What does it take to build a career in big data? In addition to an advanced degree in mathematics, statistics, computer science, engineering, or business intelligence, desirable job candidates must have good business sense and strong communication skills. Big data job prospects are already great even if you’re a new graduate just entering the field, but once you have a few years of experience under your belt, you can expect your job prospects to increase exponentially.

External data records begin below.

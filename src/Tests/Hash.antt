-- ===== src/Tests/Hash.antt =====
-- The hash of a password in a cluster in memory, whose random source gives known bytes.
use tor_controller.Base.{
  suc, ℕ, String, List, [], ◌∷◌, none, some, ◌≡◌, refl, ◌*◌, ◌+◌, arith, length,
}
use tor_controller.Kube.Client.{onion_balanced_service}
use tor_controller.Kube.Full.{everything}
use tor_controller.Apis.OnionBalancedServiceUtil.Names.{onion_service_backend_name_inj}
use tor_controller.Kube.Memory.Client.{memory}
use tor_controller.Base.Bytes.{bytes}
use tor_controller.Controllers.HashPassword.{do_hash_password}
use tor_controller.Controllers.HashPassword.RoundTrip.{
  Parts, Agrees, read_hash, do_hash_password-read,
}

abbrev sevens : List ℕ
sevens = 7 ∷ 7 ∷ 7 ∷ 7 ∷ 7 ∷ 7 ∷ 7 ∷ 7 ∷ []

do_hash_password-read_example :
    (text : String) × (parts : Parts) × ((do_hash_password memory "secret" (λ k n. none)).0
      ≡ some text)
    × (read_hash text ≡ some parts)
    × (parts.0 ≡ sevens)
    × Agrees memory.sha1 "secret" parts
    × (length (bytes text) ≡ 21 + 2 * length parts.2)
do_hash_password-read_example =
    do_hash_password-read memory "secret" (λ k n. none) sevens refl refl (omega arith)
      (λ bs. omega arith)

onion_service_backend_name_inj_example : ◌≡◌ {A = ℕ} (suc 11) 12
onion_service_backend_name_inj_example =
    onion_service_backend_name_inj
      (everything onion_balanced_service (record { name = "hub"; namespace = "apps" })) (suc 11) 12
      refl
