-- ===== src/Tests/Lifecycle.antt =====
-- An agent's queue, signals and daemons.
use tor_controller.Base.{
  ℕ, ◌≤◌, String, Bool, true, false, Option, none, some, List, [], ◌∷◌, ◌++◌, ◌≡◌, ◌≢◌, ap, sym,
  refl, ◌⊎◌, inl, inr, str_eq, eq_iff, if◌then◌else◌, arith,
}
use tor_controller.Base.Exec.{Exec, raise}
use tor_controller.Agents.Daemon.{
  Daemon, new_daemon, balance_reload, is_running, start, stop, signal, after_signal, wait_for,
  resume, unstarted, unwaited, creates, starts,
}
use tor_controller.Agents.Daemon.Loops.{
  Run, new, reloads, resumes, works, daemon_of, reloads-le-loops,
}
use tor_controller.Agents.Manager.{run, returned, here}
use tor_controller.Agents.Manager.Stuck.{run-ne-returned}
use tor_controller.Agents.Tor.Controller.Paths.{unequal}
use tor_controller.Agents.Queue.{Queue, QueueLaws, process_next_item}
use tor_controller.Agents.Queue.Retries.{here, failed_key_added}

run-ne-returned_example : (run "hub" "apps").phase ≢ returned
run-ne-returned_example =
    run-ne-returned "hub" "apps" (run "hub" "apps") (unequal "hub" "" refl) (unequal "apps" "" refl)
      here

-- A daemon with a loop that has started its process.
abbrev started : Daemon
started = record { cmd = some unwaited; loops = 1; hups = 0 }

-- Reload begins the first loop; its second call waits for the process and then begins another.
twice : Run 2 (resume (record started { hups = 1 }))
unfolding balance_reload new_daemon is_running stop signal after_signal wait_for resume start
twice = resumes (
    reloads (
      works (works (reloads new) (creates (record new_daemon { loops = 1 }) (omega arith)))
        (starts (record new_daemon { loops = 1; cmd = some unstarted }) (omega arith) refl)))

reloads-le-loops_example : 2 ≤ (daemon_of (resume (record started { hups = 1 }))).loops
reloads-le-loops_example = reloads-le-loops twice

-- Keys that wait, and how often each was requeued.
record Waiting : Type 0 where
  keys : List String
  failures : String → ℕ

abbrev take_first : List String → Option String
take_first [] = none
take_first (k ∷ ks) = some k

abbrev queue : Queue
queue = record {
  State = Waiting;
  Key = String;
  as_text = λ k. some k;
  of_text = λ k. k;
  get = λ w. (take_first w.keys, w);
  done = λ k w. w;
  forget = λ k w. record w { failures = λ j. if str_eq k j then 0 else w.failures j };
  num_requeues = λ k w. w.failures k;
  add_after = λ k n w. record w { keys = w.keys ++ k ∷ [] };
  elapsed = λ w v. w ≡ v;
}

chosen : (b : Bool) (n : ℕ) → ((if b then 0 else n) ≡ 0) ⊎ ((if b then 0 else n) ≡ n)
chosen true n = inl refl
chosen false n = inr refl

reset : (k : String) (n : ℕ) → (if str_eq k k then 0 else n) ≡ 0
reset k n = let e : str_eq k k ≡ true = (eq_iff k k).1 refl in rw e

abbrev queue_laws : QueueLaws queue
queue_laws = record {
  get-keeps = λ w k. refl;
  done-keeps = λ j k w. refl;
  add_after-keeps = λ j k n w. refl;
  elapsed-keeps = λ k w v e. ap (λ (x : Waiting). x.failures k) (sym e);
  forget-resets = λ k w. reset k (w.failures k);
  forget-apart = λ j k w. chosen (str_eq j k) (w.failures k);
}

abbrev one_key : Waiting
one_key = record { keys = "apps/hidden" ∷ []; failures = λ k. 0 }

abbrev failing : String → Exec (Unit {0}) String (Unit {0})
failing key = raise "reading torfile"

failed_key_added_example :
    process_next_item queue failing (tt, one_key)
    ≡ (some true, (tt, record one_key { keys = "apps/hidden" ∷ "apps/hidden" ∷ [] }))
unfolding raise
failed_key_added_example =
    failed_key_added queue_laws failing tt one_key "apps/hidden" "apps/hidden" "reading torfile"
      (λ k. refl) here refl refl refl
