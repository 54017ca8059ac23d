-- ===== src/Tests/Main.antt =====
-- A run of main with a configuration file and without leader election.
use tor_controller.Base.{refl, String, true, ℕ, ◌+◌}
use tor_controller.Base.Exec.{ok, attempt, ◌>>=◌}
use tor_controller.Apis.Types.{ProjectConfig}
use tor_controller.Main.{Options, Flags, Ctrl, no_config, main}
use tor_controller.Main.Chosen.{Chosen}
use tor_controller.Main.Serves.{Goes, Row, Loads, served, main-serves}

-- Every call is counted and succeeds; a manager is its options.
abbrev counted : Ctrl
counted = record {
  State = ℕ;
  Error = String;
  RestConfig = String;
  Manager = Options;
  wrap = λ e m. m;
  and_from = λ path options s. (
    ok (record options { leader_election = true }, record no_config { namespace = "tor" }),
    s + 1,
  );
  get_config = λ s. (ok "kubeconfig", s + 1);
  new_manager = λ rest options s. (ok options, s + 1);
  complete = λ manager k filter config s. (ok tt, s + 1);
  add_healthz_check = λ manager name s. (ok tt, s + 1);
  add_readyz_check = λ manager name s. (ok tt, s + 1);
  start = λ manager s. (ok tt, s + 1);
}

abbrev flags : Flags
flags = record { config_file = "config.yaml"; disable_leader_election = true }

main-serves_example :
    (loaded : Options × ProjectConfig) × (rest : String) × (options : Options) × (manager : Options)
    × (s1 : ℕ) × (s2 : ℕ) × (s3 : ℕ) × Loads counted flags 0 loaded s1
    × Goes counted.get_config s1 rest s2
    × Chosen flags loaded options
    × Goes (counted.new_manager rest options) s2 manager s3
    × Row s3 (served counted manager loaded.1) (main counted flags 0).1
unfolding main ◌>>=◌ attempt
main-serves_example = main-serves counted flags 0 refl
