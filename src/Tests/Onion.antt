-- ===== src/Tests/Onion.antt =====
-- The OnionService reconciler at concrete inputs.
use tor_controller.Controllers.Ensure.{Done}
use tor_controller.Controllers.OnionService.Deployment.Selects.{onion_deployment-Selects}
use tor_controller.Controllers.OnionService.Deployment.{onion_deployment}
use tor_controller.Controllers.OnionService.Reconcile.Rules.{reconcile-missing_port, target}
use tor_controller.Controllers.OnionService.Reconcile.Missing.{reconcile-unfetched}
use tor_controller.Controllers.OnionService.Reconcile.Safe.{reconcile-others}
use tor_controller.Controllers.OnionService.Reconcile as OnionService
use tor_controller.Base.Exec.{err}
use tor_controller.Kube.Memory.{MemoryError, MemoryError}
use tor_controller.Kube.Full.{example_rule}
use tor_controller.Kube.Client.{onion_service}
use tor_controller.Controllers.Objects.Labels.{Selects}
use tor_controller.Controllers.Equal.{port_exists}
use tor_controller.Kube.Full.{everything, full, full-ErrorLaws}
use tor_controller.Base.{true, false, some, [], ◌≡◌, refl}
use tor_controller.Base.Exec.{ok}
use tor_controller.Kube.Client.{service}
use tor_controller.Kube.Memory.{stored, missing}
use tor_controller.Kube.Memory.Client.{memory, memory-ErrorLaws, memory-ServerLaws}
use tor_controller.Tests.{
  other_place, other_service, cluster, example_config, request, other_service-stored, empty_cluster,
}

reconcile-others_example :
    stored (OnionService.reconcile memory example_config request cluster).1 service other_place
    ≡ some other_service
unfolding memory-ServerLaws
reconcile-others_example =
    reconcile-others memory-ServerLaws example_config request cluster {j = service} other_place
      other_service other_service-stored (λ t h. refl) (λ (p, q). cc)

reconcile-unfetched_example :
    ((OnionService.reconcile memory example_config request empty_cluster).1
      ≡ (memory.get onion_service request empty_cluster).1)
    × (memory.is_not_found missing ≡ true
        → (OnionService.reconcile memory example_config request empty_cluster).0 ≡ ok tt)
    × (memory.is_not_found missing ≡ false
        → (x : MemoryError) × ((OnionService.reconcile memory example_config request
              empty_cluster).0
            ≡ err x))
unfolding stored
reconcile-unfetched_example =
    reconcile-unfetched memory-ErrorLaws example_config request empty_cluster missing refl

onion_deployment-Selects_example :
    Selects (onion_deployment memory example_config (everything onion_service request)).0
onion_deployment-Selects_example =
    onion_deployment-Selects memory example_config (everything onion_service request)

-- What follows the check here makes a service.
abbrev making : Done memory
making s = (ok tt, (memory.create service other_service s).1)

reconcile-missing_port_example :
    OnionService.reconcile full example_config request tt
    ≡ (ok tt, (full.get service (target "apps" example_rule) tt).1)
unfolding port_exists
reconcile-missing_port_example =
    reconcile-missing_port full-ErrorLaws example_config request tt
      (everything onion_service request) example_rule []
      (everything service (target "apps" example_rule)) refl refl refl refl
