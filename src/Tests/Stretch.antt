-- ===== src/Tests/Stretch.antt =====
-- The loop of doHashPassword, and its hash, at a concrete input.
use tor_controller.Base.Bytes.{bytes}
use tor_controller.Controllers.HashPassword.Hex.{hash_with_salt-eq}
use tor_controller.Controllers.HashPassword.Stretch.{IsCycle, Ends, stretch-IsCycle}
use tor_controller.Controllers.HashPassword.{stretch, hex_upper, hash_with_salt}
use tor_controller.Base.{arith, ◌++◌}
use Prim.Native.String.{◌++◌ as ◌<>◌}
use tor_controller.Base.{ℕ, some, List, [], ◌∷◌, ◌≡◌}
use tor_controller.Kube.Memory.Client.{memory}

stretch-IsCycle_example : Ends (7 ∷ 8 ∷ []) 5 (stretch 6 (7 ∷ 8 ∷ []) 5)
stretch-IsCycle_example = stretch-IsCycle 6 (7 ∷ 8 ∷ []) 5 (omega arith) (omega arith)

hash_with_salt-eq_example :
    (written : List ℕ) × (hash_with_salt memory.sha1 (1 ∷ 2 ∷ []) "secret"
      ≡ some ("16:" <> (hex_upper (1 ∷ 2 ∷ []) <> ("60" <> hex_upper (memory.sha1 written)))))
    × IsCycle ((1 ∷ 2 ∷ []) ++ bytes "secret") 65536 written
hash_with_salt-eq_example = hash_with_salt-eq memory.sha1 (1 ∷ 2 ∷ []) "secret" (omega arith)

Earn a Six-Figure Salary Sooner in BI Analysis
Starting salaries for data scientists average about $80,000, but workers with at least nine years of experience in the field can command around $150,000. However, the barrier to entry into data science is much higher than the barrier into business intelligence analysis. Aspiring data scientists need at least a doctoral degree in a related field, meaning these professionals spend more time in school and accumulate more student loan debt before they are able to enter the work force.
That’s why a career in BI analysis is arguably the more lucrative field. If you’re looking to get into business intelligence analysis, you need only a business intelligence master’s to enter the field. That makes a career in BI analysis a lot cheaper to prepare for, both in terms of tuition spent and the time taken out of the workforce to earn the degree. Demand for BI analysts is high enough that there should be no doubt about your job prospects after graduation, especially if you have a good head for business and good people skills.
If you’re considering a career in BI analysis, you can expect to command a starting salary comparable to that of a fledgling data scientist. New BI analysts earn a starting salary of about $87,000, while those who are able to move into managerial roles make nearly double.
Companies in all industries are desperate to hire professionals with the quantitative and analytical skills to wrest useful information from huge amounts of raw data. If you’re considering entering a big-data-related field but aren’t sure whether data science or BI analysis is for you, ask yourself just how much time you want to spend in school and how much student loan debt is acceptable. Thanks to high salaries and a lower barrier to entry, BI analysis is often the more lucrative career.